Understanding how to convert between these two systems is crucial, whether you’re traveling abroad, pursuing a career in science or engineering, or simply trying to understand product specifications. In the following sections, we’ll explore various conversion techniques and practice problems to help you master this essential skill.

In the video, Neil DeGrasse Tyson and comedian co-host Chuck Nice provide an amusing perspective on the metric system. Neil deGrasse Tyson Explains the Metric System

Here are some unit conversions for reference that has both the Metric system and US system. If you plan on traveling outside of the US you will most likely see measurements given in the metric system.

In many real-life applications, we need to convert between units of measurement. We will use the identity property of multiplication to do these conversions. We’ll restate the Identity Property of Multiplication here for easy reference.

To use the identity property of multiplication, we write 1 in a form that will help us convert the units. For example, suppose we want to convert inches to feet. We know that 1 foot is equal to 12 inches, so we can write 1 as the fraction $\frac{1\text{ ft}}{12\text{ in}}$. When we multiply by this fraction, we do not change the value but just change the units.

But $\frac{12\text{ in}}{1\text{ ft}}$ also equals 1. How do we decide whether to multiply by $\frac{1\text{ ft}}{12\text{ in}}$ or $\frac{12\text{ in}}{1\text{ ft}}$? We choose the fraction that will make the units we want to convert from divide out. For example, suppose we wanted to convert 60 inches to feet. If we choose the fraction that has the inches in the denominator, we can then eliminate the inches.

$$\text{60 }\bcancel{in}\cdot \frac{1\text{ ft}}{12\bcancel{in}}=5\text{ ft}$$

On the other hand, if we wanted to convert 5 feet to inches, we would choose the fraction that has feet in the
denominator.

$$5\bcancel{\text{ft}}\cdot \frac{12\text{ in}}{1\bcancel{\text{ft}}}=60\text{ in}$$

We treat the unit words like factors and ‘divide out’ common units like we do common factors.

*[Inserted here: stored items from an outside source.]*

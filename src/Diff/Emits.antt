-- ===== src/Diff/Emits.antt =====
-- `OutputState` of src/diff.rs ends each operation without a panic, whatever the writer.
use fast_rsync.Base.{
  ℕ, ◌+◌, ◌-◌, ◌≤◌, ◌<◌, ◌≡◌, refl, inl, inr, arith, [], ◌∷◌, Bytes, false, length, length-take,
  length-drop, take, drop, Bool-cases, ltb, ◌==◌, ◌&&◌, EndsIn, bind-EndsIn, Write, IoResult,
  written, failed, from_io, slice_in, Option, none, some,
}
use fast_rsync.Diff.Command.{
  write, insert_command, insert_bytes, write_varint, varint_bytes, copy_command, size_class_marker,
}
use fast_rsync.Diff.Output.{OutputState, emit_queued, emit_literal, emit, queue_copy, copy}
use fast_rsync.Signature.Index.{crc_eq}

-- What the delta covers, the queued copy included, lies before `here`.
abbrev pub IsBehind : ℕ → OutputState → Type 0
IsBehind here s = elim s.queued_copy [
  | none ↦ s.emitted ≤ here
  | some (offset, len) ↦ s.emitted + len ≤ here
]

abbrev pub Any : {A : Type 0} → A → Type 0
Any a = Unit {0}

module _ {E W : Type 0} ⦃writer : Write E W⦄ where
  pub from_io-EndsIn :
      {F : Type 0} (f : E → F) (result : IoResult E W) → EndsIn Any (from_io f result)
  from_io-EndsIn f (written out) = inl (out, refl, tt)
  from_io-EndsIn f (failed e) = inr (f e, refl)

  pub write-EndsIn : (bytes : Bytes) (out : W) → EndsIn {E = E} Any (write bytes out)
  unfolding write
  write-EndsIn bytes out = from_io-EndsIn _ (writer.write_all bytes out)

  pub insert_command-EndsIn :
      (len : ℕ) (out : W) → 1 ≤ len → EndsIn {E = E} Any (insert_command len out)
  unfolding insert_command
  insert_command-EndsIn len out lo =
      let some_bytes : (len == 0) ≡ false = ground arith in
      rw some_bytes (write-EndsIn (insert_bytes len) out)

  pub copy_command-EndsIn :
      (offset len : ℕ) (out : W) → EndsIn {E = E} Any (copy_command offset len out)
  unfolding copy_command write_varint
  copy_command-EndsIn offset len out =
      bind-EndsIn Any Any (write (size_class_marker offset len ∷ []) out) _ (write-EndsIn _ out)
        (λ out1 u.
          bind-EndsIn Any Any (write (varint_bytes offset) out1) _ (write-EndsIn _ out1)
            (λ out2 u'. write-EndsIn (varint_bytes len) out2))

  pub emit_queued-EndsIn :
      (emitted : ℕ) (queued : Option (ℕ × ℕ)) (until : ℕ) (out : W)
      → IsBehind until (record { emitted = emitted; queued_copy = queued })
      → EndsIn {E = E}
          (λ r. r.0.emitted ≤ until)
          (emit_queued (record { emitted = emitted; queued_copy = queued }) out)
  unfolding emit_queued
  emit_queued-EndsIn emitted none until out behind = inl (_, refl, behind)
  emit_queued-EndsIn emitted (some (offset, len)) until out behind =
      bind-EndsIn Any _ (copy_command offset len out) _ (copy_command-EndsIn offset len out)
        (λ out' u. inl (_, refl, behind))

  pub emit_literal-EndsIn :
      (s : OutputState) (until : ℕ) (input : Bytes) (out : W)
      → s.emitted ≤ until
      → until ≤ length input
      → EndsIn {E = E} (λ r. r.0.emitted ≡ until) (emit_literal s until input out)
  unfolding emit_literal
  emit_literal-EndsIn s until input out lo hi = elim (Bool-cases (ltb s.emitted until)) [
    | inr f ↦ rw f (inl (_, refl, ground arith))
    | inl t ↦
        let less : s.emitted < until = ground arith in
        let part = take (until - s.emitted) (drop s.emitted input) in
        let size : 1 ≤ length part = omega (
          arith,
          length-take (until - s.emitted) (drop s.emitted input),
          length-drop s.emitted input,
        ) in
        rw (t, slice_in input s.emitted until lo hi)
          (bind-EndsIn Any _ (insert_command (length part) out) _
            (insert_command-EndsIn (length part) out size)
            (λ out1 u.
              bind-EndsIn Any _ (write part out1) _ (write-EndsIn part out1)
                (λ out2 u'. inl (_, refl, refl))))
  ]

  pub emit-EndsIn :
      (s : OutputState) (until : ℕ) (input : Bytes) (out : W)
      → IsBehind until s
      → until ≤ length input
      → EndsIn {E = E} (λ r. r.0.emitted ≡ until) (emit s until input out)
  unfolding emit
  emit-EndsIn s until input out behind hi = elim (Bool-cases (s.emitted == until)) [
    | inl t ↦ rw t (inl (_, refl, ground arith))
    | inr f ↦ rw f (
        bind-EndsIn (λ r. r.0.emitted ≤ until) _ (emit_queued s out) _
          (emit_queued-EndsIn s.emitted s.queued_copy until out behind)
          (λ r lo. emit_literal-EndsIn r.0 until input r.1 lo hi))
  ]

  pub queue_copy-EndsIn :
      (s : OutputState) (offset len here : ℕ) (input : Bytes) (out : W)
      → IsBehind here s
      → here ≤ length input
      → EndsIn {E = E} (λ r. IsBehind (here + len) r.0) (queue_copy s offset len here input out)
  unfolding queue_copy
  queue_copy-EndsIn s offset len here input out behind hi =
      bind-EndsIn (λ r. r.0.emitted ≡ here) _ (emit s here input out) _
        (emit-EndsIn s here input out behind hi) (λ r e. inl (_, refl, omega (arith, e)))

  pub copy-EndsIn :
      (emitted : ℕ) (queued : Option (ℕ × ℕ)) (offset len here : ℕ) (input : Bytes) (out : W)
      → IsBehind here (record { emitted = emitted; queued_copy = queued })
      → here ≤ length input
      → EndsIn {E = E}
          (λ r. IsBehind (here + len) r.0)
          (copy (record { emitted = emitted; queued_copy = queued }) offset len here input out)
  unfolding copy
  copy-EndsIn emitted none offset len here input out behind hi =
      queue_copy-EndsIn _ offset len here input out behind hi
  copy-EndsIn emitted (some (o, l)) offset len here input out behind hi =
      elim (Bool-cases (emitted + l == here && o + l == offset)) [
        | inl t ↦ rw t (inl (_, refl, omega (arith, behind)))
        | inr f ↦ rw f (queue_copy-EndsIn _ offset len here input out behind hi)
      ]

In some situations we are dealing with units that are squared or cubed if the application is involving area or volume. In those cases we treat an area unit like ft² as the units of feet times itself or feet*feet and will need a conversion for each one in order to find the new units we are looking for.

Lets take a look at an application that has mixed units now.

Further Applications With Unit Conversions

Many geometry applications will involve finding the perimeter or the area of a figure. There are also many applications of perimeter and area in everyday life, so it is important to make sure you understand what they each mean.

Picture a room that needs new floor tiles. The tiles come in squares that are a foot on each side—one square foot. How many of those squares are needed to cover the floor? This is the area of the floor.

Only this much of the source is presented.